CHP lawmakers pay respect to fallen miners, leader reads miners’ names

CHP lawmakers pay respect to fallen miners, leader reads miners’ names

ANKARA
CHP lawmakers pay respect to fallen miners, leader reads miners’ names The main opposition Republican People’s Party (CHP) paid its respects and apologies yesterday to the 301 miners killed last week in the Soma disaster, standing to attention as the name of each fallen worker was read out by party leader Kemal Kılıçdaroğlu.

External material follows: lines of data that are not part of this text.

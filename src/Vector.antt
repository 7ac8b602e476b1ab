-- ===== src/Vector.antt =====
-- The vectors of lib/vector/vector.c and vector.h: the struct, and its operations on the memory
-- that the elements lie in. Pointers are addresses, 0 is NULL. A buffer that the source has on its
-- stack, or that `kzalloc` returns, is an argument; `krealloc` returns a new address and the memory
-- after it.
pub mod Elements
pub mod Access
pub mod Push
pub mod Search
pub mod Remove
pub mod Reorder
mod Tests
use Prim.Native.Nat.{Ordering}
use peach_os64bit_module_two.Common.{
  ℕ, zero, suc, ◌+◌, ◌-◌, ◌*◌, ◌%◌, ◌^◌, ◌≤◌, Bool, true, false, not, ◌||◌, Option, none, some, ltb,
  leb, ◌==◌, if◌then◌else◌, add64,
}
use peach_os64bit_module_two.Common.Int.{ℤ, pos, negsuc}
use peach_os64bit_module_two.Status.{Result, ok, err, einvarg, enomem, eoutofrange, eio}
use peach_os64bit_module_two.Memory.{Mem, memset, memcpy, memcmp}

-- `struct vector`
pub record Vector : Type 0 where
  pub memory : ℕ
  pub flags : ℕ
  pub e_size : ℕ
  pub t_elems : ℕ
  pub tm_elems : ℕ
  pub t_reserved_elements : ℕ

abbrev pub mul64 : ℕ → ℕ → ℕ
mul64 a b = a * b % 2 ^ 64

abbrev pub sub64 : ℕ → ℕ → ℕ
sub64 a b = (a + (2 ^ 64 - b)) % 2 ^ 64

-- A `size_t` returned as an `int`, and an `int` passed as a `size_t`.
abbrev pub to_int : ℕ → ℤ
to_int n = if ltb (n % 2 ^ 32) (2 ^ 31) then pos (n % 2 ^ 32) else negsuc (2 ^ 32 - n % 2 ^ 32 - 1)

abbrev pub to_size : ℤ → ℕ
to_size (pos n) = n
to_size (negsuc n) = 2 ^ 64 - n - 1

-- A `size_t` as the count of a loop that ends at a negative `int`.
abbrev pub int_count : ℕ → ℕ
int_count n = if ltb (n % 2 ^ 32) (2 ^ 31) then n % 2 ^ 32 else 0

-- `vector_new`, with the address of the struct.
unfoldable pub vector_new : ℕ → ℕ → ℕ → ℕ → Option Vector
vector_new block element_size total_reserved flags =
    if block == 0
    then none
    else some (record {
      memory = 0;
      flags = flags;
      e_size = element_size;
      t_elems = 0;
      tm_elems = 0;
      t_reserved_elements = total_reserved;
    })

-- `vector_count`
abbrev pub vector_count : Vector → ℕ
vector_count vec = vec.t_elems

-- `vector_valid_bounds`
unfoldable pub vector_valid_bounds : Vector → ℕ → Result (Unit {0})
vector_valid_bounds vec index = if ltb index vec.t_elems then ok tt else err einvarg

-- `vector_memory_at_index`
unfoldable pub vector_memory_at_index : Vector → ℕ → ℕ
vector_memory_at_index vec index = add64 vec.memory (mul64 vec.e_size index)

-- `vector_resize` after `krealloc`.
unfoldable pub resized : Vector → ℕ → ℕ × Mem → Result (Unit {0}) × Vector × Mem
resized vec final (block, m) =
    if block == 0
    then (err enomem, record vec { memory = 0 }, m)
    else (ok tt, record vec { memory = block; tm_elems = final }, m)

abbrev grown : ℕ → Result (Unit {0}) × Vector × Mem → Result (Unit {0}) × Vector × Mem
grown total (ok _, vec, m) = (ok tt, record vec { t_elems = add64 vec.t_elems total }, m)
grown total (err e, vec, m) = (err e, vec, m)

-- `vector_push` after its resize.
unfoldable pub push_resized : ℕ → Result (Unit {0}) × Vector × Mem → Result ℤ × Vector × Mem
push_resized elem (ok _, vec, m) = (
  ok (to_int vec.t_elems),
  record vec { t_elems = add64 vec.t_elems 1 },
  memcpy m (vector_memory_at_index vec vec.t_elems) elem vec.e_size,
)
push_resized elem (err e, vec, m) = (err e, vec, m)

module _ (krealloc : Mem → ℕ → ℕ → ℕ × Mem) where
  -- `vector_resize`
  unfoldable pub vector_resize : Mem → Vector → ℕ → Result (Unit {0}) × Vector × Mem
  vector_resize m vec total_needed =
      let required = add64 vec.t_elems total_needed in
      let final = add64 vec.t_reserved_elements required in
      if ltb required vec.tm_elems
      then (ok tt, vec, m)
      else resized vec final (krealloc m vec.memory (mul64 final vec.e_size))

  -- `vector_grow`
  unfoldable pub vector_grow : Mem → Vector → ℕ → Result (Unit {0}) × Vector × Mem
  vector_grow m vec total = grown total (vector_resize m vec total)

  -- `vector_push`
  unfoldable pub vector_push : Mem → Vector → ℕ → Result ℤ × Vector × Mem
  vector_push m vec elem = push_resized elem (vector_resize m vec 1)

-- `vector_overwrite`
unfoldable pub vector_overwrite : Mem → Vector → ℤ → ℕ → ℕ → Result (Unit {0}) × Mem
vector_overwrite m vec index elem elem_size = elim (vector_valid_bounds vec (to_size index)) [
  | err e ↦ (err e, m)
  | ok _ ↦
      if ltb elem_size vec.e_size
      then (err einvarg, m)
      else (ok tt, memcpy m (vector_memory_at_index vec (to_size index)) elem vec.e_size)
]

-- `vector_at`: the bytes at `data_out` are cleared on an error.
unfoldable pub vector_at : Mem → Vector → ℕ → ℕ → ℕ → Result (Unit {0}) × Mem
vector_at m vec index data_out size =
    if ltb size vec.e_size
    then (err einvarg, memset m data_out 0 size)
    else if data_out == 0
    then (err einvarg, memset m data_out 0 size)
    else (elim (vector_valid_bounds vec index) [
      | err e ↦ (err e, memset m data_out 0 size)
      | ok _ ↦ (ok tt, memcpy m data_out (vector_memory_at_index vec index) vec.e_size)
    ])

-- `vector_pop`
unfoldable pub vector_pop : Vector → Result (Unit {0}) × Vector
vector_pop vec =
    if vec.t_elems == 0 then (err eio, vec) else (ok tt, record vec { t_elems = vec.t_elems - 1 })

-- `vector_back`
unfoldable pub vector_back : Mem → Vector → ℕ → ℕ → Result (Unit {0}) × Mem
vector_back m vec data_out size = vector_at m vec (sub64 vec.t_elems 1) data_out size

-- Whether the bytes at two addresses agree, by `memcmp`, whose count is an `int`.
abbrev pub equal_bytes : Mem → ℕ → ℕ → ℕ → Bool
equal_bytes m a b size = elim (memcmp (λ i. m (a + i)) (λ i. m (b + i)) (int_count size)) [
  | Ordering.eq ↦ true
  | _ ↦ false
]

-- The loop of `vector_has`: `rounds` more elements, from `i` on, through the buffer `tmp_buf`.
unfoldable pub has_loop : ℕ → Mem → Vector → ℕ → ℕ → ℕ → ℕ → Result (Unit {0}) × ℕ × Mem
has_loop zero m vec elem size tmp_buf i = (err eoutofrange, i, m)
has_loop (suc rounds) m vec elem size tmp_buf i =
    let m' = (vector_at m vec i tmp_buf size).1 in
    let rest = has_loop rounds m' vec elem size tmp_buf (i + 1) in
    if equal_bytes m' elem tmp_buf size then (ok tt, i, m') else rest

-- `vector_has`; the index is written to `index_out`, which a size that differs leaves alone.
unfoldable pub vector_has : Mem → Vector → ℕ → ℕ → ℕ → Result (Unit {0}) × Option ℕ × Mem
vector_has m vec elem elem_size tmp_buf =
    if not (vec.e_size == elem_size)
    then (err einvarg, none, m)
    else (let (res, i, m') = has_loop (vector_count vec) m vec elem elem_size tmp_buf 0 in
        (res, some i, m'))

-- A round of the search of `vector_pop_element`: what `vector_at` did, whether the element is the
-- one, and the other rounds.
abbrev pub find_round :
    Result (Unit {0}) × Mem → Bool → ℕ → Result (Option ℕ) × Mem → Result (Option ℕ) × Mem
find_round (err e, m) same i rest = (err e, m)
find_round (ok _, m) same i rest = if same then (ok (some i), m) else rest

-- The search of `vector_pop_element`: an error of `vector_at`, or the index where the element is.
unfoldable pub find_loop : ℕ → Mem → Vector → ℕ → ℕ → ℕ → ℕ → Result (Option ℕ) × Mem
find_loop zero m vec mem_val size tmp i = (ok none, m)
find_loop (suc rounds) m vec mem_val size tmp i =
    let at = vector_at m vec i tmp size in
    let rest = find_loop rounds at.1 vec mem_val size tmp (i + 1) in
    find_round at (equal_bytes at.1 tmp mem_val size) i rest

-- Taking the element at `index` out.
unfoldable pub remove_at : Mem → Vector → ℕ → ℕ → Result (Unit {0}) × Vector × Mem
remove_at m vec index size =
    if index == vec.t_elems - 1
    then (let (res, vec') = vector_pop vec in (res, vec', m))
    else (let to_delete = add64 vec.memory (mul64 index size) in
        let total_bytes = mul64 (vec.t_elems - index - 1) size in
        (
          ok tt,
          record vec { t_elems = vec.t_elems - 1 },
          memcpy m to_delete (add64 to_delete size) total_bytes,
        ))

abbrev pub removed : Vector → ℕ → Result (Option ℕ) × Mem → Result (Unit {0}) × Vector × Mem
removed vec size (err e, m) = (err e, vec, m)
removed vec size (ok none, m) = (err eio, vec, m)
removed vec size (ok (some index), m) = remove_at m vec index size

-- `vector_pop_element`, with the address of the buffer that `kzalloc` returns.
unfoldable pub vector_pop_element : Mem → Vector → ℕ → ℕ → ℕ → Result (Unit {0}) × Vector × Mem
vector_pop_element m vec mem_val size tmp_mem =
    if not (size == vec.e_size)
    then (err einvarg, vec, m)
    else if tmp_mem == 0
    then (err enomem, vec, m)
    else removed vec size
        (find_loop (vector_count vec) (memset m tmp_mem 0 size) vec mem_val size tmp_mem 0)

“Today is our mourning day. No word can be enough vis-à-vis the bitter truth that we have been experiencing. I can only say this: Our sacred martyrs, I apologize to your sacred souls on behalf of all the beautiful, conscientious people of the country and in the name of humanity,” Kılıçdaroğlu said during his party’s parliamentary group meeting, pledging to fight for their rights.

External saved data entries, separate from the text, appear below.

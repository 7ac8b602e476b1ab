-- ===== src/Vector/Elements.antt =====
-- Where the elements of a vector of lib/vector/vector.c lie.
use peach_os64bit_module_two.Common.{ℕ, ◌+◌, ◌*◌, ◌%◌, ◌^◌, ◌<◌, ◌≤◌, ◌≡◌, ◌⊎◌, arith}
use peach_os64bit_module_two.Memory.{Mem}
use native.Mathlib.Nat.{mul-le-mul_left}
use peach_os64bit_module_two.Vector.{Vector, vector_memory_at_index}

-- The elements in use are within the reserved ones, which are within the address space, and the
-- size of an element is an `int`.
pub record IsVector (v : Vector) : Type 0 where
  pub count : v.t_elems ≤ v.tm_elems
  pub fits : v.memory + v.e_size * v.tm_elems < 2 ^ 64
  pub small : v.e_size < 2 ^ 31
  pub counted : v.tm_elems < 2 ^ 64

-- Byte `k` of element `i`.
abbrev pub element : Mem → Vector → ℕ → ℕ → ℕ
element m v i k = m (v.memory + v.e_size * i + k)

-- A block of `size` bytes does not meet the memory of the vector.
abbrev pub Apart : Vector → ℕ → ℕ → Type 0
Apart v block size = (block + size ≤ v.memory) ⊎ (v.memory + v.e_size * v.tm_elems ≤ block)

pub slot_bound : (e i n : ℕ) → i < n → e * i + e ≤ e * n
slot_bound e i n lt =
    let step : e * (i + 1) ≤ e * n = mul-le-mul_left e (omega (arith, lt)) in omega (arith, step)

pub vector_memory_at_index_lem :
    (v : Vector)
    → IsVector v
    → (i : ℕ) → i < v.tm_elems
    → vector_memory_at_index v i ≡ v.memory + v.e_size * i
unfolding vector_memory_at_index
vector_memory_at_index_lem v valid i lt =
    let bound : v.e_size * i + v.e_size ≤ v.e_size * v.tm_elems =
      slot_bound v.e_size i v.tm_elems lt in
    let low : v.e_size * i % 2 ^ 64 ≡ v.e_size * i = omega (arith, bound, valid.fits) in
    rw low (omega (arith, bound, valid.fits))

“We have sent our 301 people – who were working with their honor in a system of grave negligence and exploitation in a country which has the highest number of work accidents in Europe – to God’s compassion,” Kılıçdaroğlu said, before reciting famous lines from 20th-century poet Orhan Veli. “They were the ones who said, ‘Yüz karası değil, kömür karası / Böyle kazanılır ekmek parası” (Not the black sheep, but the black of the coal / That’s how you earn your bread).

Turkey’s worst ever industrial accident sparked protests across the country, directed at mine owners who are accused of ignoring safety for profit and at Prime Minister Recep Tayyip Erdoğan’s government, which is seen as too close to industry bosses and insensitive in its response.

All lawmakers stood in homage while Kılıçdaroğlu read the names, with some of them bursting into tears.

No resignation on CHP’s agenda

Speaking to reporters before the group meeting, CHP Deputy Chair Sezgin Tanrıkulu said the ruling Justice and Development Party (AKP) government, the prime minister and two of his ministers – Energy and Natural Resources Minister Taner Yıldız and Labor and Social Security Minister Faruk Çelik – were politically responsible regarding the Soma disaster.

Tanrıkulu’s remarks came after he was reminded of a debate within the CHP, with some lawmakers arguing that they should collectively resign from Parliament in solidarity with the people of Soma after the country’s worst mining accident in its history.

“In Turkey, there is no tradition of assuming political responsibility in these kinds of weighty cases. But this should not mean that this will never happen. As a requirement of political responsibility, both of the two ministers [Yıldız and Çelik] should first of all resign. If they don’t, we will begin using other methods at the Parliament,” Tanrıkulu said. “If there is even the tiniest political honor and ethics, then the two ministers should resign. Resignation and withdrawal from the Parliament is not on our agenda.”

Another deputy chair of the CHP, Erdoğan Toprak, also said it was the AKP who should mull resignation.
“As the CHP, we will not resign, but will follow up this case,” Toprak said.

Kılıçdaroğlu, meanwhile, also voiced his sadness over the loss of the party’s Istanbul deputy Mevlüt Aslanoğlu, who passed away following a heart failure May 16.

Censure of motions underway

The co-leader of the Peoples’ Democracy Party (HDP), Ertuğrul Kürkçü, said on May 20 his party would file censure motions against Erdoğan, Yıldız and Çelik for their failure in the coal mine disaster.

“From the very beginning of the day when the work started, the duty of Taner Yıldız who considered this slavery system as a ‘perfect enterprise’ was breaking grievances and losses into pieces in order to make them more tolerable; to disperse violence and fury directed at him via not using an aggressive style and directing it [violence and fury] against the owner of the coal mine,” Kürkçü said, addressing a parliamentary group meeting of his party.

“Not only should this mine, but all mines in Turkey, halt work until they are transformed into a shape which is in line with the norms of the ILO [International Labor Organization]. Workers’ wages should be paid from the public budget until the work is finalized. If they still want to work at the mine, workers may return after this work is complete,” he said.